Haja mãe: “sente que eu também gosto de ganhar, né só você não”, “pode limpar as lágrimas e voltar pro jogo”, ” já pensou se eu me levantasse da mesa toda vez que você ganha?”, “quem não sabe brincar não desde pro play”, “não aguenta Carnaval, peça micareta” e por aí fomos, no humor e na firmeza. Aqui é Mainha. E Mainha educa pra prestar hoje e no futuro. Vencemos mais esse momento. Parou de fugir e partiu para a última e mais complexa estratégia.

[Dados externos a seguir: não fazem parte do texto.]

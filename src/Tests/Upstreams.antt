-- ===== src/Tests/Upstreams.antt =====
-- Two upstreams: a plain one that is available, and a resolved name with a healthy endpoint.
use mathlib.Core.List.{Permᴰ}
use mathlib.Core.Path.{subst}
use substrate_rpc_proxy.Prelude.{
  ℕ, ◌-◌, ◌<◌, ◌≡◌, refl, inl, inr, String, true, false, List, [], ◌∷◌, none, some, ◌↔◌, arith, In,
  ◌⊎◌, Bool-cases, str_eq, eq_iff,
}
use substrate_rpc_proxy.Endpoint.{Upstream, healthy, available, unreachable}
use substrate_rpc_proxy.Endpoint.Address.{endpoint_addr, lookup}
use substrate_rpc_proxy.Endpoint.Check.{Health, Lookup}
use substrate_rpc_proxy.Endpoint.Check as Check
use substrate_rpc_proxy.Endpoint.Check.Rounds.{
  AreTracked, check_continuously, check_continuously-AreTracked,
}
use substrate_rpc_proxy.Endpoint.Hosts.{among, update_host_ips, kept, new_endpoint}
use substrate_rpc_proxy.Endpoint.Hosts.Members.{Lacks, In-update_host_ips}
use substrate_rpc_proxy.Endpoint.Rating.{Upstreams, find_upstream}
use substrate_rpc_proxy.Endpoint.Rating.Order.{IsMap}
use substrate_rpc_proxy.Endpoint.Choice.Order.{Reordered, get_endpoint-order}
use substrate_rpc_proxy.Endpoint.Rating.Ports.{SamePorts}
use substrate_rpc_proxy.Endpoint.Choice.{get_endpoint}
use substrate_rpc_proxy.Endpoint.Choice.Best.{IsBest, get_endpoint-IsBest}
use substrate_rpc_proxy.Endpoint.Choice.Candidates.{upstream_entries}
use substrate_rpc_proxy.Endpoint.Choice.Everyone.{IsListed}

abbrev plain : Upstream
plain = record {
  endpoints = [];
  status = available;
  must_resolve = false;
  hostname = "node";
  port = "443";
  path = "/";
  ports = ("wss", "443") ∷ [];
}

abbrev resolved : Upstream
resolved = record {
  endpoints =
      record { address = "10.0.0.1"; status = unreachable }
      ∷ record { address = "10.0.0.2"; status = healthy }
      ∷ [];
  status = unreachable;
  must_resolve = true;
  hostname = "pool";
  port = "9944";
  path = "";
  ports = ("http", "9944") ∷ ("ws", "9944") ∷ [];
}

abbrev pub two_upstreams : ℕ → Upstreams
two_upstreams n = ("pool", resolved) ∷ ("node", plain) ∷ []

abbrev last_of : ℕ → ℕ → ℕ
last_of n k = k - 1

last_of_lt : (n k : ℕ) → 0 < k → last_of n k < k
last_of_lt n k h = omega arith

-- The same map, listed the other way round, and so are its ports.
abbrev ports_backwards : List (String × String)
ports_backwards = ("ws", "9944") ∷ ("http", "9944") ∷ []

abbrev listed_backwards : ℕ → Upstreams
listed_backwards n = ("node", plain) ∷ ("pool", record resolved { ports = ports_backwards }) ∷ []

same_ports : SamePorts resolved.ports ports_backwards
unfolding lookup
same_ports name = elim (Bool-cases (str_eq "http" name)) [
  | inl t ↦
      subst (λ k. lookup k resolved.ports ≡ lookup k ports_backwards) ((eq_iff "http" name).0 t)
        refl
  | inr f ↦ rw (f)
]

reordered : (n : ℕ) → Reordered (two_upstreams n) (listed_backwards n)
reordered n = (
  ("node", plain) ∷ ("pool", resolved) ∷ [],
  Permᴰ.swap refl refl,
  (refl, (plain.ports, refl, λ name. refl), (refl, (ports_backwards, refl, same_ports), tt)),
)

two_upstreams-IsMap : (n : ℕ) → IsMap (two_upstreams n)
unfolding IsMap find_upstream
two_upstreams-IsMap n = (refl, (refl, tt))

get_endpoint-order_example :
    get_endpoint two_upstreams last_of "http" "" 1
    ≡ get_endpoint listed_backwards last_of "http" "" 1
get_endpoint-order_example =
    get_endpoint-order two_upstreams listed_backwards last_of two_upstreams-IsMap reordered "http"
      "" 1 (inr refl)

websocket_run : get_endpoint two_upstreams last_of "websocket" "" 1 ≡ some "ws://10.0.0.2:9944/"
unfolding get_endpoint
websocket_run = refl

get_endpoint-IsBest_example :
    IsBest two_upstreams last_of "websocket" 1 ""
      (get_endpoint two_upstreams last_of "websocket" "" 1)
get_endpoint-IsBest_example = get_endpoint-IsBest two_upstreams last_of "websocket" last_of_lt "" 1

listed : IsListed "websocket" (two_upstreams 1) "ws://10.0.0.2:9944/" healthy
unfolding find_upstream upstream_entries endpoint_addr
listed = record {
  key = "pool";
  upstream = resolved;
  key_of = inl refl;
  found = refl;
  entry = inr (inl refl);
}

abbrev moved : List String
moved = "10.0.0.2" ∷ "10.0.0.3" ∷ []

update_host_ips_run :
    update_host_ips moved resolved.endpoints
    ≡ record { address = "10.0.0.2"; status = healthy } ∷ new_endpoint "10.0.0.3" ∷ []
unfolding update_host_ips among
update_host_ips_run = refl

In-update_host_ips_example :
    In (new_endpoint "10.0.0.3") (update_host_ips moved resolved.endpoints) ↔ (
      (In (new_endpoint "10.0.0.3") resolved.endpoints × In "10.0.0.3" moved)
      ⊎ ((new_endpoint "10.0.0.3" ≡ new_endpoint "10.0.0.3")
          × In "10.0.0.3" moved
          × Lacks "10.0.0.3" (kept moved resolved.endpoints)))
In-update_host_ips_example = In-update_host_ips moved resolved.endpoints (new_endpoint "10.0.0.3")

-- The name has one address, and every node is healthy.
abbrev one_address : String → ℕ → Lookup × ℕ
one_address name w = (Check.resolved ("10.0.0.2" ∷ []), w)

abbrev all_healthy : String → ℕ → Health × ℕ
all_healthy addr w = ((healthy, none), w)

check_continuously-AreTracked_example :
    AreTracked one_address all_healthy ((check_continuously one_address all_healthy 2 resolved 5).0)
check_continuously-AreTracked_example =
    check_continuously-AreTracked one_address all_healthy 2 resolved 5
      (inl refl, (inr (5, refl), tt))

“Você roubou”, escutei, um dia. Tenso. Grave. Imediatamente, ele ficou sabendo que quem acusa tem o ônus da prova, além do que essa é uma acusação muito ofensiva, precisa ter certeza para afirmar. Me retei. Ele parou na hora. Mais adiante, reclamou de colegas que teriam atrapalhado a vitória dele, em jogos de equipe, que não deram “o máximo”, que não levaram “a sério”. Ouviu que coletividade é isso mesmo, pode acontecer, bola pra frente.

Nomeamos sentimentos como tristeza, frustração e raiva. Falamos sobre eles, muito. “Todo mundo ganha, todo mundo perde”, repeti, repeti, repeti. Até que, muito além da técnica, dos chutes, das peças, das regras de cada jogo, ele aprendeu o que mais importa: não se ganha, sempre. Aí, dei como cumprida essa parte importante da minha missão de mãe. Meu filho sabe ganhar e perder. Respirei fundo e segui. Feliz.

E você? Já ensinou seu filho a perder? Se não, providencie urgentemente, enquanto é tempo. Nos jogos, nos papos, mas também pelo exemplo. “Sorria, você está sendo observado”, bem mais do que ouvido, obedecido ou seguido. Se você faz um escândalo, xinga três gerações do juiz, diz que foi tudo roubado e que não “engole” o resultado, quando seu time perde, por exemplo… fica complicadíssimo. Dificilmente, você vai conseguir ajudar a criança a ser um adulto funcional, nesse sentido. Então, se conserte ligeiro, recobre a dignidade, acesse a maturidade esperada e isso já é parte do caminho. Comemorar vitórias e acatar derrotas, vamos combinar, é o mínimo de saúde necessário dentro de qualquer cabeça.